- ACTIVITY: Search the listing for the string "SlRemoveNodeFromTail" and copy every line that contains it.

*** DATASET EXCERPTS

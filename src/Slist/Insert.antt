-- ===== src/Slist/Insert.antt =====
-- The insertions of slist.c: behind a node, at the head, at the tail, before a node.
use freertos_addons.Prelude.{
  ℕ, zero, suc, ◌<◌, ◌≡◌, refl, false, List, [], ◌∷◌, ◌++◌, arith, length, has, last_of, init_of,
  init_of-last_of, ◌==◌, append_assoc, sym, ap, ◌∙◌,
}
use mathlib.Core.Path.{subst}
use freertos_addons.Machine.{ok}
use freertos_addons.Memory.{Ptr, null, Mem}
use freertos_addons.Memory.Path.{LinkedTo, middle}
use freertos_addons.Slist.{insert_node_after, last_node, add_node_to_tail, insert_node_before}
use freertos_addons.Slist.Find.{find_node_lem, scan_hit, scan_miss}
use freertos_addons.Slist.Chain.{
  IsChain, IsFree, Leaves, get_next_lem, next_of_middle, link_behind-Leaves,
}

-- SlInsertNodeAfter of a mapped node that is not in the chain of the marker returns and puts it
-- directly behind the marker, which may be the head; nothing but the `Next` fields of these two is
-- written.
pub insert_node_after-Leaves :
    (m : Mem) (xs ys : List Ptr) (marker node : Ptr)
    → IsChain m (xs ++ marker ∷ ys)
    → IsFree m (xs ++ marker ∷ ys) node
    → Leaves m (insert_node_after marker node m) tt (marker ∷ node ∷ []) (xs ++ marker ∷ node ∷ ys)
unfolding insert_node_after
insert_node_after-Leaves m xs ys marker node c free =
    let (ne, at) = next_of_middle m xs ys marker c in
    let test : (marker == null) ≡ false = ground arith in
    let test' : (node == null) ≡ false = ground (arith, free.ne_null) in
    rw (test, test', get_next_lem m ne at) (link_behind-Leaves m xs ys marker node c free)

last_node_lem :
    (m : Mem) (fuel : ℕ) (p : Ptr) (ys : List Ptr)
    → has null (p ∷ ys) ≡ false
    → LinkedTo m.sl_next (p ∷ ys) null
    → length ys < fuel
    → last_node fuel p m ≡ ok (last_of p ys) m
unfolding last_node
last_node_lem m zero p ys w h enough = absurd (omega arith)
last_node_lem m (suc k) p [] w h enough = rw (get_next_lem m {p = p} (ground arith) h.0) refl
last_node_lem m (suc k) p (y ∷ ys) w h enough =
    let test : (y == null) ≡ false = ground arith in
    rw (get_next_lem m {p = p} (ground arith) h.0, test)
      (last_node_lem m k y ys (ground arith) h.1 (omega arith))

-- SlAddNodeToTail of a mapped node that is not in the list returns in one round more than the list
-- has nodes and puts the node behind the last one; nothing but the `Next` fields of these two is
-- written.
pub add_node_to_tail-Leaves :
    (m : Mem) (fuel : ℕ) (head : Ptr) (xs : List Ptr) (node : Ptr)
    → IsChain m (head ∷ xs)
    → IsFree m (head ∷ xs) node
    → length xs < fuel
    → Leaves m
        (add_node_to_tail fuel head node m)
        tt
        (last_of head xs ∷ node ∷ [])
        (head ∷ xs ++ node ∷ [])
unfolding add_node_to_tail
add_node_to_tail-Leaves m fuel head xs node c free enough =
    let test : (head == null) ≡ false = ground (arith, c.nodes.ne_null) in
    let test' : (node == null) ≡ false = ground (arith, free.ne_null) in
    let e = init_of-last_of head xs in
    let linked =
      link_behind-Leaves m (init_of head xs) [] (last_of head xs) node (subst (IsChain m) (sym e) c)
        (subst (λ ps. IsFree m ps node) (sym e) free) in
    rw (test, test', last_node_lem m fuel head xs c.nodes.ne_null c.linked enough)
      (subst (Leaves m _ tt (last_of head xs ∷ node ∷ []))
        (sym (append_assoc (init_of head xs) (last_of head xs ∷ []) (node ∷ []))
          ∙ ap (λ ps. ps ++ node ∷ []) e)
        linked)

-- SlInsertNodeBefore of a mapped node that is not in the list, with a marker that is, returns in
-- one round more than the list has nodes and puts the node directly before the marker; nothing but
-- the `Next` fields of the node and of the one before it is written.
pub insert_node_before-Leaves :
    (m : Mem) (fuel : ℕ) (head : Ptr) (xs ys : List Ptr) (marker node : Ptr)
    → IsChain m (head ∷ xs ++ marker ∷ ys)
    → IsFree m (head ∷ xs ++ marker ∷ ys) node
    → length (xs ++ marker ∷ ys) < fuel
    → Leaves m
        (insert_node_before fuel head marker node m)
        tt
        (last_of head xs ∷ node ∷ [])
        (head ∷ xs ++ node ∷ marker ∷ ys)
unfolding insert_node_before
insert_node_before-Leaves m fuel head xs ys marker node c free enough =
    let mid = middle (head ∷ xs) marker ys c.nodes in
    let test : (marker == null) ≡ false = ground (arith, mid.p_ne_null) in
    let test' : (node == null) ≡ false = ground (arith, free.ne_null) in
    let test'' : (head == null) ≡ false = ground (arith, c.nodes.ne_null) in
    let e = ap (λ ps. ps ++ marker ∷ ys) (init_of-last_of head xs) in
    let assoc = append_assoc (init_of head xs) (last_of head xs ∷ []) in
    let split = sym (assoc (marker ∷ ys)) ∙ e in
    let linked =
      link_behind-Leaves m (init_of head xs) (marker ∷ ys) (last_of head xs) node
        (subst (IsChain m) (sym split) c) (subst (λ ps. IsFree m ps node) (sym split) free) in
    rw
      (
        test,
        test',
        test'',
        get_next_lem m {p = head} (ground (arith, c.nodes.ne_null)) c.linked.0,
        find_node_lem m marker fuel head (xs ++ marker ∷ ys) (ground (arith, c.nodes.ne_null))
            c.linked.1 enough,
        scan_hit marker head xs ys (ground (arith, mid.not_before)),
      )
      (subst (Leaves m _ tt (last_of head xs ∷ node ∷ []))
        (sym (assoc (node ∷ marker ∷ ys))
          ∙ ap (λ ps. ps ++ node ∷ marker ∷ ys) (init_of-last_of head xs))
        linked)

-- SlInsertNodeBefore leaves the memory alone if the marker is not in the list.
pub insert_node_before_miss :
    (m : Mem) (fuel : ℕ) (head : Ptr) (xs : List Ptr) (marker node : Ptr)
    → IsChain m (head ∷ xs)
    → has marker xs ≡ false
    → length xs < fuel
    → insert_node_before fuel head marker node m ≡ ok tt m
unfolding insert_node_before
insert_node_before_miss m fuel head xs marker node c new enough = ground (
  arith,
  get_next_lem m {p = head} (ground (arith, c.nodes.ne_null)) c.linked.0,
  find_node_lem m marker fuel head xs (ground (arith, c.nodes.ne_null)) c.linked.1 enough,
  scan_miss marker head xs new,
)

******
*** DATASET EXCERPTS

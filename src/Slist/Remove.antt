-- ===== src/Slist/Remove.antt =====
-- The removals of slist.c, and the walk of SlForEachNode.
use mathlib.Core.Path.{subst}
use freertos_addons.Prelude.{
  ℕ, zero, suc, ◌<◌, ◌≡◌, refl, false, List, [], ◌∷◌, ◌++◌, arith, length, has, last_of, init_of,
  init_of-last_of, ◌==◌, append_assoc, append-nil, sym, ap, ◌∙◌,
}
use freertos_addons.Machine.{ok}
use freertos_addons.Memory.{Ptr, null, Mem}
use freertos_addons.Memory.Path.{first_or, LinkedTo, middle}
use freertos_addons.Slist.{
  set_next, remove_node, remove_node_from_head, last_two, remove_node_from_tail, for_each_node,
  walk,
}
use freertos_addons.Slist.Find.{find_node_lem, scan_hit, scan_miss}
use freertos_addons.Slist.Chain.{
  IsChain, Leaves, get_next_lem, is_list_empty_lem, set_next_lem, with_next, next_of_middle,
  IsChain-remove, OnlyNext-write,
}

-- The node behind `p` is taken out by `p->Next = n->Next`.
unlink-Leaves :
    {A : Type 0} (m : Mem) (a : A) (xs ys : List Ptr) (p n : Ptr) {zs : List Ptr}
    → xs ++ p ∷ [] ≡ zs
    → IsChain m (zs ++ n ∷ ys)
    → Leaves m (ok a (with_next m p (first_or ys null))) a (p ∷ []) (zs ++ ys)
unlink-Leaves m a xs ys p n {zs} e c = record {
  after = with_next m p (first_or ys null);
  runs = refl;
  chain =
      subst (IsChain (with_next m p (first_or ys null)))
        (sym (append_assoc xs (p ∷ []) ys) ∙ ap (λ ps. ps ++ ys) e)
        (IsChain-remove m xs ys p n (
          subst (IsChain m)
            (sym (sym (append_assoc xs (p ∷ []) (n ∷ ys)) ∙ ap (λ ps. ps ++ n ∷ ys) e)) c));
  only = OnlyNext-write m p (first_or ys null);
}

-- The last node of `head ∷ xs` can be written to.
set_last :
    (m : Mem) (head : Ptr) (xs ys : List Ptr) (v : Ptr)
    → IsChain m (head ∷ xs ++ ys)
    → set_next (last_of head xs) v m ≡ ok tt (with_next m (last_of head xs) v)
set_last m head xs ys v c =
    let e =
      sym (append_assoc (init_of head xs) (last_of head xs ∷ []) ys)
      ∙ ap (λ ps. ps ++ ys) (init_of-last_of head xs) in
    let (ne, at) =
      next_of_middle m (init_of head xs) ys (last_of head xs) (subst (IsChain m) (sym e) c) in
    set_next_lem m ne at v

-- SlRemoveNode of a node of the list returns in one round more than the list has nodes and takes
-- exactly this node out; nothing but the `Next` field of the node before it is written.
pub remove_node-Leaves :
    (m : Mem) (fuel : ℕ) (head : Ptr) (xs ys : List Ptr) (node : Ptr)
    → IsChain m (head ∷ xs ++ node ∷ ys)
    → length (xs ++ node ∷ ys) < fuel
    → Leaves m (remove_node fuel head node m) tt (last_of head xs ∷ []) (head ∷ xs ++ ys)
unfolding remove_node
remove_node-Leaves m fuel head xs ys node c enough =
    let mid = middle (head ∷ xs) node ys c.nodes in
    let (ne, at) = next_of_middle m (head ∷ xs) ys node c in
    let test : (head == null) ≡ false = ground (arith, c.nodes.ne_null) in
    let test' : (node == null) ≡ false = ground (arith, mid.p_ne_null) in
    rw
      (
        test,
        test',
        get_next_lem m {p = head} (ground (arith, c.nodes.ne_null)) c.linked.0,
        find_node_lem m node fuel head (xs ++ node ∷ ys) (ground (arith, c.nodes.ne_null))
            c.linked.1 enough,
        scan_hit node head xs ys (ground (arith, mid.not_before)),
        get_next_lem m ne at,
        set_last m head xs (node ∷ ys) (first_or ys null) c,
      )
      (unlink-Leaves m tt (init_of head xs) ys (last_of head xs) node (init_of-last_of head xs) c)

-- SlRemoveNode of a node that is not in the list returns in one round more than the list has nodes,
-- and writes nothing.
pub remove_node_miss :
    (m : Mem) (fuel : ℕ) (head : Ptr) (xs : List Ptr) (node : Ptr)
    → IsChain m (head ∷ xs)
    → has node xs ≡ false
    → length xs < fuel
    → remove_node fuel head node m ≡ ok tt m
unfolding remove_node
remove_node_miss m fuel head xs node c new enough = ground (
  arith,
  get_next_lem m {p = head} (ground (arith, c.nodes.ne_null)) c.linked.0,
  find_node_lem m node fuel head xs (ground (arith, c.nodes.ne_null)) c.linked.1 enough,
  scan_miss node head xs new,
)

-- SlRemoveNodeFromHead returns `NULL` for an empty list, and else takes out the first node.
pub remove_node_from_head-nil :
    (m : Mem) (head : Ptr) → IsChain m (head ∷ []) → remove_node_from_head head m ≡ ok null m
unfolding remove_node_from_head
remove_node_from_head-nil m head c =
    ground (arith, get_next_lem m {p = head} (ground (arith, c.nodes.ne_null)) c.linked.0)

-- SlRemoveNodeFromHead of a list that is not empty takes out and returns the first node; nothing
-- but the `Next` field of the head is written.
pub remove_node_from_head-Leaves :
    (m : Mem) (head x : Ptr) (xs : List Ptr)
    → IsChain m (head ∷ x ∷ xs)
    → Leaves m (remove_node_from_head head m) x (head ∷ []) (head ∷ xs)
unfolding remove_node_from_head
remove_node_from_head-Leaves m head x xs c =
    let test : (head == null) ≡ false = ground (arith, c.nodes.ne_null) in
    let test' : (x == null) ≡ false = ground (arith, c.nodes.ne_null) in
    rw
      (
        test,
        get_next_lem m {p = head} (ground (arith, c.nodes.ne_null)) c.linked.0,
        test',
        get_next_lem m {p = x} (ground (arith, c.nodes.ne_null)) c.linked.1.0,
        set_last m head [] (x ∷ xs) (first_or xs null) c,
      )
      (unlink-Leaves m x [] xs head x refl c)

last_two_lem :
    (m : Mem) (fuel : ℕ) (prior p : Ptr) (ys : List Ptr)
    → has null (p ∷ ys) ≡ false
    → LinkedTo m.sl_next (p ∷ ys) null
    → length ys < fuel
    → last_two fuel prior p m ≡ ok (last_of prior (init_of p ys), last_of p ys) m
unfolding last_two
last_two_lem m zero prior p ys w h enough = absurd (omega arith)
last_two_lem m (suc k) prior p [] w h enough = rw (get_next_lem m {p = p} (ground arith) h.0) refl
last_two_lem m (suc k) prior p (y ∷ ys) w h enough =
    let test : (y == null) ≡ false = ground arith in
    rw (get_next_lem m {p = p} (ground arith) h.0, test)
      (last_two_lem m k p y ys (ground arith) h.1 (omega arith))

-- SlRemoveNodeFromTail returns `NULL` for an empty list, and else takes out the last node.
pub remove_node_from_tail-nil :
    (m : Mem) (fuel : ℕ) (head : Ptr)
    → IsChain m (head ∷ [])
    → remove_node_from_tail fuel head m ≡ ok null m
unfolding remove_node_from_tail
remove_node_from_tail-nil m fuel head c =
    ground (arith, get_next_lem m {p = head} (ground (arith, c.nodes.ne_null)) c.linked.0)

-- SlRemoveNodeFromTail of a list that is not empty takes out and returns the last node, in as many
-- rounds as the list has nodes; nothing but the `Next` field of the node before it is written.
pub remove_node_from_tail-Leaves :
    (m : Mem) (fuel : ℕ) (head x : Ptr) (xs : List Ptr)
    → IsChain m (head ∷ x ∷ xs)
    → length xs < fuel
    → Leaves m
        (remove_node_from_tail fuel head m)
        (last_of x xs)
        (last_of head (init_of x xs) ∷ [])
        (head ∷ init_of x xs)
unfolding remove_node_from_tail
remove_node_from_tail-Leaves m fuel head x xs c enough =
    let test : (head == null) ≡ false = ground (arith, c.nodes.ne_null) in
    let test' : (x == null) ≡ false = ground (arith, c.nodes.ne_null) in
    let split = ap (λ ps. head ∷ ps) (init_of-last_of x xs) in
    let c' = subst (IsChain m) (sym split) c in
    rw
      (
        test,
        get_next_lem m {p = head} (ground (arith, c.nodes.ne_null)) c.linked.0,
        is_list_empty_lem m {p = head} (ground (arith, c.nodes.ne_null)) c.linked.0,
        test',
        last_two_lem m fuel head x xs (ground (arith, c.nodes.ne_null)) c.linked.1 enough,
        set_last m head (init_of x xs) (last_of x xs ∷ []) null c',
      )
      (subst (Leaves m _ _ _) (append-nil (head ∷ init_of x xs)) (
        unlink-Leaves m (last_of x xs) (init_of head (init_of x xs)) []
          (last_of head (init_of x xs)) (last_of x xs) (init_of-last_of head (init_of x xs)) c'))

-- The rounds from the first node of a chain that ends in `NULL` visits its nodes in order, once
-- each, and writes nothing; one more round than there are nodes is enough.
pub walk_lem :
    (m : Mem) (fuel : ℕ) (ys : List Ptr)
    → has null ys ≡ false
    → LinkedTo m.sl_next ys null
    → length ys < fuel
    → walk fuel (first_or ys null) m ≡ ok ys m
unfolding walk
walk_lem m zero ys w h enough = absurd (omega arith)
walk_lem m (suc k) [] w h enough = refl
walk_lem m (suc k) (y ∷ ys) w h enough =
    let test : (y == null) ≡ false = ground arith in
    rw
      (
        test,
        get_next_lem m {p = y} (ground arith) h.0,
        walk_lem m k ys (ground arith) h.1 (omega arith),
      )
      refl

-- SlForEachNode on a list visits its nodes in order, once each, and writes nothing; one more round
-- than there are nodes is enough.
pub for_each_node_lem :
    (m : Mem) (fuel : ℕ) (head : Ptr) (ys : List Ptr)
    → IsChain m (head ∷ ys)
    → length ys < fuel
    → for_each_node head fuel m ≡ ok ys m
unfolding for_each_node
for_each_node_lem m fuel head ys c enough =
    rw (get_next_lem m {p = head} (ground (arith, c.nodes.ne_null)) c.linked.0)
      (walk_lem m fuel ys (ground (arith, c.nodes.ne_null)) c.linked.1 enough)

******
*** DATASET EXCERPTS

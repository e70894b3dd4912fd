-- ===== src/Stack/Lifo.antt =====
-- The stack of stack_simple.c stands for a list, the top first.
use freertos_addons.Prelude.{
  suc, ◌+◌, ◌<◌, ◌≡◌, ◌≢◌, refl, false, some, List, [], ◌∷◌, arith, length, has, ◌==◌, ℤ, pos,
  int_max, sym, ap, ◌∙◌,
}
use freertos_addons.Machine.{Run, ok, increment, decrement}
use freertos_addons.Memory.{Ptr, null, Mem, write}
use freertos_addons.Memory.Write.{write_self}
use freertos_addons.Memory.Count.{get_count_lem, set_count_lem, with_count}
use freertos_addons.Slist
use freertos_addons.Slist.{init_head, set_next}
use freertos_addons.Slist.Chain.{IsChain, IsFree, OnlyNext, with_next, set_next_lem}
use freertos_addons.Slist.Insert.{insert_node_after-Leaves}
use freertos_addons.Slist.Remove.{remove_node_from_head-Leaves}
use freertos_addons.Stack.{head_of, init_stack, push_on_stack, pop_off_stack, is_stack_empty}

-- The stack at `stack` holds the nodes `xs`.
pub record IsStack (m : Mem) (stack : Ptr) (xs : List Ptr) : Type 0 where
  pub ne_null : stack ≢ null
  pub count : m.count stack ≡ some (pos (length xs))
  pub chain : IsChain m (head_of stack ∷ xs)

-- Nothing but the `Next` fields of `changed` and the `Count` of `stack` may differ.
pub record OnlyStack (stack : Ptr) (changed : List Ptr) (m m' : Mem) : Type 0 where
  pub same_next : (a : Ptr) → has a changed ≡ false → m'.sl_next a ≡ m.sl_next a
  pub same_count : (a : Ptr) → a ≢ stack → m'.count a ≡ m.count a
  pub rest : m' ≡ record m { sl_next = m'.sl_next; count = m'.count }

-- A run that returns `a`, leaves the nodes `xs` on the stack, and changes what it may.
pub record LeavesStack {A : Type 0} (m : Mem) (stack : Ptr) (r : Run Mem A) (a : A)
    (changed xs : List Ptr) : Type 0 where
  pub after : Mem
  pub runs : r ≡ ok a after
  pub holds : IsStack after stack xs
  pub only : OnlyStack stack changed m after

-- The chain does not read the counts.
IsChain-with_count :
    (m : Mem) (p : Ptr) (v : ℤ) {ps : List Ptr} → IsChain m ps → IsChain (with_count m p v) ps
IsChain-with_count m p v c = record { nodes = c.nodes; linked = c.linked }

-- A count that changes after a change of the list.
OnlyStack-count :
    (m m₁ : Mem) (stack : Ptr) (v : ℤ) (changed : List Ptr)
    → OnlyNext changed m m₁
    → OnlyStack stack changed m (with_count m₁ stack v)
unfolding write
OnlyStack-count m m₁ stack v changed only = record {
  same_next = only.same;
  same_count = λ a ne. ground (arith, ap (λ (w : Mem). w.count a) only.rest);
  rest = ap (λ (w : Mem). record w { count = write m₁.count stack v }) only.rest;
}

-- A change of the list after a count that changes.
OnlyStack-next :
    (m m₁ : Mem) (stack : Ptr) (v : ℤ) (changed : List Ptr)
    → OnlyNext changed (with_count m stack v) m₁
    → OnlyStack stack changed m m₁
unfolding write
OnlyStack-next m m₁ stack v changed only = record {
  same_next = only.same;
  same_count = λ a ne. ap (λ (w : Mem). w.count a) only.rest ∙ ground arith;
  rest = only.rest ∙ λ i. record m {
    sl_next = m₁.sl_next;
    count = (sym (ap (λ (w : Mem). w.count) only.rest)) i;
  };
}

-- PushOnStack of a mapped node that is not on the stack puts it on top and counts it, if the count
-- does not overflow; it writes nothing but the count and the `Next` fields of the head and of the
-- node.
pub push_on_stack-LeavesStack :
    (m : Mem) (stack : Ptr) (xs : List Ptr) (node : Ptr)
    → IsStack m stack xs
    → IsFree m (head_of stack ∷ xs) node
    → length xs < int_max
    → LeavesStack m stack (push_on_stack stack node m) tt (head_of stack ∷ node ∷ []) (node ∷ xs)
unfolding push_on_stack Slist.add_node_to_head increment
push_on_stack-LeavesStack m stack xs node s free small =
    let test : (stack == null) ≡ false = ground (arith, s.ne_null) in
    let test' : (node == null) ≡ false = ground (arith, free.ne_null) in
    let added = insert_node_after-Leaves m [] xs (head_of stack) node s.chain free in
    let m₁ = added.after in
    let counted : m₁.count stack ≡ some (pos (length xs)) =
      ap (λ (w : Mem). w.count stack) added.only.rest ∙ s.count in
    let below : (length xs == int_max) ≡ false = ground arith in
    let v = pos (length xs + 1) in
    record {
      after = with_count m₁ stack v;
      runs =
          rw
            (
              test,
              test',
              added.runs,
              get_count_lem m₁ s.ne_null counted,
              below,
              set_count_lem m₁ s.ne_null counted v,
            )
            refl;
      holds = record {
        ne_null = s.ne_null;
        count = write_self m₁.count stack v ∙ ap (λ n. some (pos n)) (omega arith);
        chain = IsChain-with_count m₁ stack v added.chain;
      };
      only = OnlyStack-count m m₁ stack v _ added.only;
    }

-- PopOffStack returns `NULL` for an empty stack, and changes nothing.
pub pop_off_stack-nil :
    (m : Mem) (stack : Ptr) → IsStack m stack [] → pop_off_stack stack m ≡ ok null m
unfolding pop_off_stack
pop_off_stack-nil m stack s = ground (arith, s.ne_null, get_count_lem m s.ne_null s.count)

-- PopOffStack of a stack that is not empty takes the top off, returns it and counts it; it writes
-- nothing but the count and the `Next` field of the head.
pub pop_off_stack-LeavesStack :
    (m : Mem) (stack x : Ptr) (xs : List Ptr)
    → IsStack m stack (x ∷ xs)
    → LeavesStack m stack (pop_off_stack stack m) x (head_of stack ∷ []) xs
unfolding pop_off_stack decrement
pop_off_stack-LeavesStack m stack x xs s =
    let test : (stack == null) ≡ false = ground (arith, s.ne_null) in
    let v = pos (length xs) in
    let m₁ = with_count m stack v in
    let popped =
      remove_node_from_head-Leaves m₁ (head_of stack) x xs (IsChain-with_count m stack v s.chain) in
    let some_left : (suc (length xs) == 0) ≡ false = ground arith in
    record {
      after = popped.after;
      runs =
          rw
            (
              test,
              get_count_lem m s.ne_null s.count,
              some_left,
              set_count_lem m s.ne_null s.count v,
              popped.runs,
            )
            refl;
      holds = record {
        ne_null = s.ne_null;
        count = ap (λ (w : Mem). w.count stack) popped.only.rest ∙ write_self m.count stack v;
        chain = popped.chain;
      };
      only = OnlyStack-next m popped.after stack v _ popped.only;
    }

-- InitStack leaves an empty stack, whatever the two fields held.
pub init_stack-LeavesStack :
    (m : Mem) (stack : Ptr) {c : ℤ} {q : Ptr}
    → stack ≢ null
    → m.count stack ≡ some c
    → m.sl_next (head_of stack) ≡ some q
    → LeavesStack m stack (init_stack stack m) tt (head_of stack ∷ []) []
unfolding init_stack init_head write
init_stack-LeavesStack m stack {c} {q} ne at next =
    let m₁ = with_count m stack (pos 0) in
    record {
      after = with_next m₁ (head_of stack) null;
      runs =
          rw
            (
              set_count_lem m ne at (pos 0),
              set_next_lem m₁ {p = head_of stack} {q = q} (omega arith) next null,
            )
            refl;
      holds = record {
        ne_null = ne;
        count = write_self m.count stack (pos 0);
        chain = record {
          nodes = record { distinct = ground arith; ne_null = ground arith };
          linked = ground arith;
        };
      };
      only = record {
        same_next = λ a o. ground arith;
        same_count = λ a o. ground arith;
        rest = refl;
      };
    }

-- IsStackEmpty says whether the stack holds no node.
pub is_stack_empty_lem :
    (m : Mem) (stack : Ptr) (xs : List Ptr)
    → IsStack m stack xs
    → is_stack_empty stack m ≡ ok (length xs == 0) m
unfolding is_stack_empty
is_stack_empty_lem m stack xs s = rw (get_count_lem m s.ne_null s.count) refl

******

- TASK OUTPUT:
-- SlRemoveNodeFromTail returns `NULL` for an empty list, and else takes out the last node.
-- SlRemoveNodeFromTail of a list that is not empty takes out and returns the last node, in as many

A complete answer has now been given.